# Another use for plarn



## grannygardner (May 4, 2005)

I didn't want to hijack the thread about plarn but wanted to share what I use it for. I cut my bags different than the other poster, giving me less ends to crochet in. http://www.plasticbagcrafts.com/make-plarn/ 

I make reusable tote bags that can also be used as a handbag. I've sold about 25 of them.


----------



## Belfrybat (Feb 21, 2003)

Very, very nice. Thank you for the pics.

There is a non-profit org here in Abilene that hire refugee women to crochet mats for the homeless out of plastic bags.

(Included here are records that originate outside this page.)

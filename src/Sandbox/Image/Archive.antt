-- ===== src/Sandbox/Image/Archive.antt =====
-- internal/sandbox/image.go: the scan of an archive, which is the list of what its reader gives: a member,
-- or an error; its end is the end of the list.
use dittobench_api.Base.{
  ℕ, ◌+◌, Bool, false, Option, none, some, List, [], ◌∷◌, ◌++◌, map, ◌==◌, ltb, leb, ◌||◌, ◌&&◌,
  nat_eq, if◌then◌else◌, length,
}
use dittobench_api.Base.Text.{bytes_of, cut_prefix, same_text, lower}
use mathlib.Core.List.{reverse}
use dittobench_api.Sandbox.Image.{
  Text, Descriptor, Codec, find, trim_prefix, oci_blob_digest, docker_layer_type,
  max_attachment_blob_bytes, max_classic_image_layers, is_some,
}

pub record Member : Type 0 where
  pub name : Text
  pub size : ℕ
  -- What is read of the body; none for an error.
  pub body : Option (List ℕ)

-- What the loop over the members keeps.
pub record Scan : Type 0 where
  pub manifest : Option (List ℕ)
  pub index : Option (List ℕ)
  pub expected_descriptor : Option (List ℕ)
  pub verified : List (Text × Bool)
  pub blobs : List (Text × List ℕ)
  pub sizes : List (Text × ℕ)
  pub small_count : ℕ
  pub small_total : ℕ
  pub expected_count : ℕ
  pub expected_ok : Bool
  pub config_size : ℕ
  pub layers : List (Text × Descriptor)

abbrev pub empty_scan : Scan
empty_scan = record {
  manifest = none;
  index = none;
  expected_descriptor = none;
  verified = [];
  blobs = [];
  sizes = [];
  small_count = 0;
  small_total = 0;
  expected_count = 0;
  expected_ok = false;
  config_size = 0;
  layers = [];
}

abbrev pub has_suffix : Text → Text → Bool
has_suffix s t = is_some (cut_prefix (reverse s) (reverse t))

-- A body of the size of its header.
unfoldable pub read_whole : Member → Option (List ℕ)
read_whole m = elim m.body [
  | none ↦ none
  | some content ↦ if length content == m.size then some content else none
]

-- manifest.json or index.json, once and of at most 1 MiB.
unfoldable pub read_document : Option (List ℕ) → Member → Option (List ℕ)
unfolding read_whole
read_document (some seen) m = none
read_document none m = if m.size == 0 || ltb 1048576 m.size then none else read_whole m

abbrev pub plain_descriptor : Text → Text → ℕ → Descriptor
plain_descriptor media_type digest size = record {
  media_type = media_type;
  digest = digest;
  size = size;
  platform = none;
  reference_type = [];
  reference_digest = [];
  manifest_subject = [];
  image_name = [];
  predicate_type = [];
}

module _ (codec : Codec) (expected_hex : Text) where
  abbrev classic_config : Text
  classic_config = expected_hex ++ bytes_of ".json"

  abbrev expected_blob : Text
  expected_blob = bytes_of "blobs/sha256/" ++ expected_hex

  -- strings.EqualFold with the expected digest.
  abbrev pub has_expected_digest : List ℕ → Bool
  has_expected_digest content =
      same_text (map lower (codec.sha256_hex content)) (map lower expected_hex)

  abbrev keep_if : Bool → Text → List ℕ → List (Text × List ℕ) → List (Text × List ℕ)
  keep_if test name content blobs = if test then (name, content) ∷ blobs else blobs

  -- The size of a blob, whose name occurs once.
  unfoldable pub note_size : Text → ℕ → Scan → Option Scan
  note_size name size s = elim (oci_blob_digest name) [
    | none ↦ some s
    | some digest ↦
        if is_some (find name s.sizes)
        then none
        else some (record s { sizes = (name, size) ∷ s.sizes })
  ]

  unfoldable pub scan_manifest : Member → Scan → Option Scan
  unfolding read_document
  scan_manifest m s = elim (read_document s.manifest m) [
    | none ↦ none
    | some content ↦ some (record s { manifest = some content })
  ]

  unfoldable pub scan_index : Member → Scan → Option Scan
  unfolding read_document
  scan_index m s = elim (read_document s.index m) [
    | none ↦ none
    | some content ↦ some (record s { index = some content })
  ]

  unfoldable pub scan_expected_blob : Text → Member → Scan → Option Scan
  unfolding read_whole
  scan_expected_blob name m s =
      if m.size == 0 || ltb 4194304 m.size then none else elim (read_whole m) [
        | none ↦ none
        | some content ↦
            let ok = has_expected_digest content in
            some (record s {
              expected_count = s.expected_count + 1;
              expected_descriptor = some content;
              expected_ok = ok;
              verified = (name, ok) ∷ s.verified;
              blobs = keep_if ok name content s.blobs;
            })
      ]

  unfoldable pub scan_classic_config : Member → Scan → Option Scan
  unfolding read_whole
  scan_classic_config m s = elim (read_whole m) [
    | none ↦ none
    | some content ↦ some (record s {
      expected_count = s.expected_count + 1;
      config_size = m.size;
      expected_ok = has_expected_digest content;
    })
  ]

  unfoldable pub scan_layer : Text → Member → Scan → Option Scan
  unfolding read_whole
  scan_layer name m s =
      if leb max_classic_image_layers (length s.layers) || is_some (find name s.layers)
      then none
      else elim (read_whole m) [
        | none ↦ none
        | some content ↦
            let digest = bytes_of "sha256:" ++ codec.sha256_hex content in
            some (record s {
              layers = (name, plain_descriptor docker_layer_type digest m.size) ∷ s.layers;
            })
      ]

  -- A blob of at most 16 MiB is kept, if it has its digest.
  unfoldable pub scan_blob : Text → Text → Member → Scan → Option Scan
  unfolding read_whole
  scan_blob name digest m s =
      if ltb 256 (s.small_count + 1) || ltb 67108864 (s.small_total + m.size)
      then none
      else elim (read_whole m) [
        | none ↦ none
        | some content ↦
            let ok = same_text (codec.sha256_hex content) digest in
            some (record s {
              small_count = s.small_count + 1;
              small_total = s.small_total + m.size;
              verified = (name, ok) ∷ s.verified;
              blobs = keep_if ok name content s.blobs;
            })
      ]

  unfoldable pub scan_other : Text → Member → Scan → Option Scan
  unfolding scan_blob
  scan_other name m s = elim (oci_blob_digest name) [
    | none ↦ some s
    | some digest ↦
        if ltb 0 m.size && leb m.size max_attachment_blob_bytes
        then scan_blob name digest m s
        else some s
  ]

  unfoldable pub scan_named : Text → Member → Scan → Option Scan
  unfolding scan_manifest scan_index scan_expected_blob scan_classic_config scan_layer scan_other
  scan_named name m s =
      if same_text name (bytes_of "manifest.json")
      then scan_manifest m s
      else if same_text name (bytes_of "index.json")
      then scan_index m s
      else if same_text name expected_blob
      then scan_expected_blob name m s
      else if same_text name classic_config
      then scan_classic_config m s
      else if has_suffix name (bytes_of "/layer.tar")
      then scan_layer name m s
      else scan_other name m s

  unfoldable pub scan_member : Member → Scan → Option Scan
  unfolding note_size scan_named trim_prefix
  scan_member m s =
      let name = trim_prefix m.name (bytes_of "./") in
      elim (note_size name m.size s) [ none ↦ none | some sized ↦ scan_named name m sized ]

  -- The loop over the members.
  unfoldable pub scan_all : List (Option Member) → Scan → Option Scan
  unfolding scan_member
  scan_all [] s = some s
  scan_all (none ∷ members) s = none
  scan_all (some m ∷ members) s = elim (scan_member m s) [
    | none ↦ none
    | some next ↦ scan_all members next
  ]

It's a win-win situation in that plastic garbage is reduced, the women earn a small salary and the homeless have a mat to sit on.

http://www.reporternews.com/news/lo...b91d2-37db-29a8-e053-0100007fa-384397571.html


----------



## grannygardner (May 4, 2005)

Belfrybat that is a great project for the refugees.

We have people here that also crochet mats for the homeless.


----------



## minxbay (Jan 28, 2003)

I bought a waterbottle carrier from a thriftstore and it was made from Plarn. I LOVE it!!!!!! I wish more things were made from plarn so we can keep plastic bags out of the landfill,creeks and streams.


----------